# PSE Polaris Express String and Cable question...



## WGMitch (Feb 15, 2005)

I need to make a string and cable set for an older PSE bow. It is a Polaris Express.

The bottom limb has these markings, but I'm not sure what it means:

Cable Tune #2830
String I.D. 3250

Can anyone tell me what this means or tell me the string and cable length of this bow?

Thanks!


----------



## WGMitch (Feb 15, 2005)

*ttt*

ttt


----------



## WGMitch (Feb 15, 2005)

*PSE website...*

It wasn't easy, but I think I found what I was looking for on the PSE website.


----------



## fab1979 (Jul 17, 2012)

*Polaris express*



WGMitch said:


> It wasn't easy, but I think I found what I was looking for on the PSE website.

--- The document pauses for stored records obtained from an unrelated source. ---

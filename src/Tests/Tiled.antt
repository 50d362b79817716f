-- ===== src/Tests/Tiled.antt =====
-- A witness for the pass in blocks: two blocks of each slice.
use par2rust.Base.{
  ℕ, zero, suc, ◌^◌, ◌<◌, ◌≡◌, refl, arith, List, [], ◌∷◌, replicate, length-replicate, All, Option,
  some, none,
}
use par2rust.GaloisSimd.Dispatch.{neon}
use par2rust.Encode.{encode_all_recovery_blocks}
use par2rust.Encode.Kernels.{dispatch_kernel, table_kernel}
use par2rust.Encode.Recovery.{IsBuffer}
use par2rust.Encode.Tiled.{l2_block_bytes_opt, encode_all_recovery_blocks_tiled}
use par2rust.Encode.Tiled.Agreement.{encode_all_recovery_blocks_tiled-agrees}

abbrev setting : Option (List ℕ)
setting = some (b'1' ∷ b'2' ∷ b'8' ∷ [])

setting_taken : l2_block_bytes_opt setting ≡ some 128
unfolding l2_block_bytes_opt
setting_taken = refl

-- A size that is no multiple of 128 is ignored.
setting_ignored : l2_block_bytes_opt (some (b'1' ∷ b'3' ∷ b'0' ∷ [])) ≡ none
unfolding l2_block_bytes_opt
setting_ignored = refl

equal_bytes : (n b : ℕ) → b < 2 ^ 8 → All (λ x. x < 2 ^ 8) (replicate n b)
equal_bytes zero b h = tt
equal_bytes (suc n) b h = (h, equal_bytes n b h)

abbrev slices : List (List ℕ)
slices = replicate 200 7 ∷ replicate 200 9 ∷ []

slices-IsBuffer : All (IsBuffer 200) slices
unfolding IsBuffer
slices-IsBuffer = (
  (equal_bytes 200 7 (omega arith), length-replicate {A = ℕ} 200 7),
  ((equal_bytes 200 9 (omega arith), length-replicate {A = ℕ} 200 9), tt),
)

encode_all_recovery_blocks_tiled-agrees_example :
    encode_all_recovery_blocks_tiled
      (dispatch_kernel neon)
      (l2_block_bytes_opt setting)
      slices
      200
      3
    ≡ encode_all_recovery_blocks table_kernel slices 200 3
encode_all_recovery_blocks_tiled-agrees_example =
    encode_all_recovery_blocks_tiled-agrees (dispatch_kernel neon) table_kernel setting slices 200 3
      slices-IsBuffer (omega arith) (omega arith) (omega arith)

I bought a polaris express same cable tune and string id. I need a string but not a lot of info on string lengths online do you remember were or what length you bought for it.
Thanks for any help you can give me.


----------



## Low_E (Sep 15, 2003)

fab1979 said:


> I bought a polaris express same cable tune and string id. I need a string but not a lot of info on string lengths online do you remember were or what length you bought for it.
> Thanks for any help you can give me.


same here.
Need to build new cables and strings for a PSE Polaris. Does anybody knows the lengths of string and cables?


----------